After the coating step, the coated nanoparticle is subjected to an oxygen treatment to form an encapsulated catalyst nanoparticle. The oxygen treatment may be applied by UV light and/or plasma treatment. The treatment step may create a thin membrane around the catalyst nanoparticle. The thickness of the thin membrane may be any of the following values or in a range of two of the following values: 1.0, 1.5, 2.0, 2.5, 3.0, 3.5, 4.0, 4.5, and 5.0 nanometers.
The final structure and composition of the encapsulated coating (e.g., density) may be controlled by the duration of the oxygen treatment. A relatively longer treatment time (e.g., curing time) may ash away carbon content in the encapsulation coating or film and produce a dense silica film configured to promote proton diffusion but resist O2 transport. A relatively shorter treatment time (e.g., curing time) may maintain a higher carbon concentration in the encapsulation coating or film with a loosely connected silica network. In one or more embodiments, the loosely connected silica network is permeable to O2 but offers nonideal proton hoping characteristics. Polymer chemistry, molecular weight, annealing time, and/or post treatment time are degrees of freedom to adjust the performance characteristics of the encapsulated coating or film. For an encapsulation coating formed by a silicon-based copolymer material, the process may be applied to catalyst nanoparticles that are connected to an electrically conductive support to maintain electrochemical activity.
As shown in
The silica encapsulation may have one or more of the following benefits: (a) chemical stability under an acidic environment, (b) inactivity as an electrocatalyst by itself for being electronically insulating, and/or (c) good permeability to many species relevant to electrochemical cell applications. The success of using silica may depend on the encapsulation thickness. In one or more embodiments, the thickness is thick enough to impart desirable selective transport properties but not so thick to create a large concentration of overpotential losses.

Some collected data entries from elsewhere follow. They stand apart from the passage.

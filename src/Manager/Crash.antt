-- ===== src/Manager/Crash.antt =====
-- When `Rollout` reads the message of an error that is nil.
use deploy_gateway.Base.{
  String, ◌==◌, ◌≡◌, ◌↔◌, refl, ap, inl, inr, ◌⊎◌, Bool, true, false, Option, none, some, List, [],
  ◌∷◌, Result, ok, err, GoError, is_ambiguous, eq_iff, if◌then◌else◌,
}
use deploy_gateway.Base.StateMonad.{pure, ◌>>=◌}
use deploy_gateway.Store.{Operation}
use deploy_gateway.Store.Api.{Store}
use deploy_gateway.Kube.{Container, Deployment}
use deploy_gateway.Authn.{GitHubIdentity}
use deploy_gateway.Manager.Platform.{Platform}
use deploy_gateway.Manager.World.{Config, World, M, on_platform}
use deploy_gateway.Manager.Start.{
  only_container, container_of, with_resolved, resolve_container, rollout, rollout_container,
  Outcome, panics, after_patch, after_put,
}

module _ (S : Store) (P : Platform) (c : Config) where
  after_patch-panics :
      (op : Operation) (refused : Option GoError) (w : World S P)
      → ¬ ((after_patch S P c op refused w).0 ≡ panics)
  unfolding after_patch ◌>>=◌
  after_patch-panics op none w h = cc
  after_patch-panics op (some e) w h = cc

  after_put-panics :
      (op : Operation) (patch : P.State → Option GoError × P.State) (refused : Option GoError)
      (w : World S P)
      → ¬ ((after_put S P c op patch refused w).0 ≡ panics)
  unfolding after_put ◌>>=◌
  after_put-panics op patch none w h = after_patch-panics op _ _ h
  after_put-panics op patch (some e) w h = cc

  branches :
      (b : Bool) (x y : M S P Outcome) (w : World S P)
      → ((if b then x else y) w).0 ≡ panics
      → ((b ≡ true) × ((x w).0 ≡ panics)) ⊎ ((b ≡ false) × ((y w).0 ≡ panics))
  branches true x y w h = inl (refl, h)
  branches false x y w h = inr (refl, h)

  name_of : {a b : String} → ok a ≡ ok b → a ≡ b
  name_of h = cc

  module _ (ulid : String) (id : GitHubIdentity) (namespace deployment : String) where
    rollout_container-panics :
        (container image : String) (w : World S P)
        → ¬ ((rollout_container S P c ulid id namespace deployment container image w).0 ≡ panics)
    unfolding rollout_container ◌>>=◌
    rollout_container-panics container image w h = after_put-panics _ _ _ _ h

    with_resolved-panics_iff :
        (image : String) (r : Result String) (w : World S P)
        → ((with_resolved S P c ulid id namespace deployment image r w).0 ≡ panics) ↔ (r ≡ ok "")
    unfolding with_resolved pure ◌>>=◌
    with_resolved-panics_iff image (err e) w = (
      λ h. elim (branches (is_ambiguous e) _ _ w h) [ inl (_, p) ↦ cc | inr (_, p) ↦ cc ],
      λ h. cc,
    )
    with_resolved-panics_iff image (ok name) w = (
      λ h. elim (branches (name == "") _ _ w h) [
        | inl (e, _) ↦ ap (λ (n : String). ok n) ((eq_iff name "").0 e)
        | inr (_, p) ↦ absurd (rollout_container-panics name image w p)
      ],
      λ h. rw ((eq_iff name "").1 (name_of h)) refl,
    )

    only_container-nameless_iff :
        (cs : List Container)
        → (only_container namespace deployment cs ≡ ok "")
          ↔ ((only : Container) × (cs ≡ only ∷ []) × (only.name ≡ ""))
    unfolding only_container
    only_container-nameless_iff [] = (λ h. cc, λ (only, e, n). cc)
    only_container-nameless_iff (x ∷ []) = (λ h. (x, refl, cc), λ (only, e, n). cc)
    only_container-nameless_iff (x ∷ y ∷ cs) = (λ h. cc, λ (only, e, n). cc)

    -- The request names no container, and the only container of the deployment, which could be read, has
    -- an empty name.
    pub record IsNameless (container : String) (w : World S P) : Type 0 where
      pub unnamed : container ≡ ""
      pub dep : Deployment
      pub got : (P.get_deployment namespace deployment w.platform).0 ≡ ok dep
      pub only : Container
      pub one : dep.containers ≡ only ∷ []
      pub nameless : only.name ≡ ""

    container_of-Nameless :
        (container : String) (w : World S P) (found : Result Deployment)
        → container ≡ ""
        → (P.get_deployment namespace deployment w.platform).0 ≡ found
        → container_of namespace deployment found ≡ ok ""
        → IsNameless container w
    unfolding container_of
    container_of-Nameless container w (err e) unnamed got h = cc
    container_of-Nameless container w (ok dep) unnamed got h =
        let (only, one, nameless) = (only_container-nameless_iff dep.containers).0 h in
        record {
          unnamed = unnamed;
          dep = dep;
          got = got;
          only = only;
          one = one;
          nameless = nameless;
        }

    nameless-container_of :
        (container : String) (w : World S P)
        → IsNameless container w
        → container_of namespace deployment (P.get_deployment namespace deployment w.platform).0
          ≡ ok ""
    unfolding container_of
    nameless-container_of container w n =
        rw n.got ((only_container-nameless_iff n.dep.containers).1 (n.only, n.one, n.nameless))

    -- A rollout dereferences the nil error exactly when the request names no container, the deployment can
    -- be read, and its only container has an empty name.
    pub rollout-panics_iff :
        (container image : String) (w : World S P)
        → ((rollout S P c ulid id namespace deployment container image w).0 ≡ panics)
          ↔ IsNameless container w
    unfolding rollout resolve_container ◌>>=◌ on_platform
    rollout-panics_iff container image w = (
      λ h. elim (branches (container == "") _ _ w h) [
        | inl (e, p) ↦
            container_of-Nameless container w _ ((eq_iff container "").0 e) refl
              ((with_resolved-panics_iff image _ _).0 p)
        | inr (_, p) ↦ absurd (rollout_container-panics container image w p)
      ],
      λ n.
          rw ((eq_iff container "").1 n.unnamed)
            ((with_resolved-panics_iff image _ _).1 (nameless-container_of container w n)),
    )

While exemplary embodiments are described above, it is not intended that these embodiments describe all possible forms encompassed by the claims. The words used in the specification are words of description rather than limitation, and it is understood that various changes can be made without departing from the spirit and scope of the disclosure. As previously described, the features of various embodiments can be combined to form further embodiments of the invention that may not be explicitly described or illustrated. While various embodiments could have been described as providing advantages or being preferred over other embodiments or prior art implementations with respect to one or more desired characteristics, those of ordinary skill in the art recognize that one or more features or characteristics can be compromised to achieve desired overall system attributes, which depend on the specific application and implementation. These attributes can include, but are not limited to cost, strength, durability, life cycle cost, marketability, appearance, packaging, size, serviceability, weight, manufacturability, ease of assembly, etc. As such, to the extent any embodiments are described as less desirable than other embodiments or prior art implementations with respect to one or more characteristics, these embodiments are not outside the scope of the disclosure and can be desirable for particular applications.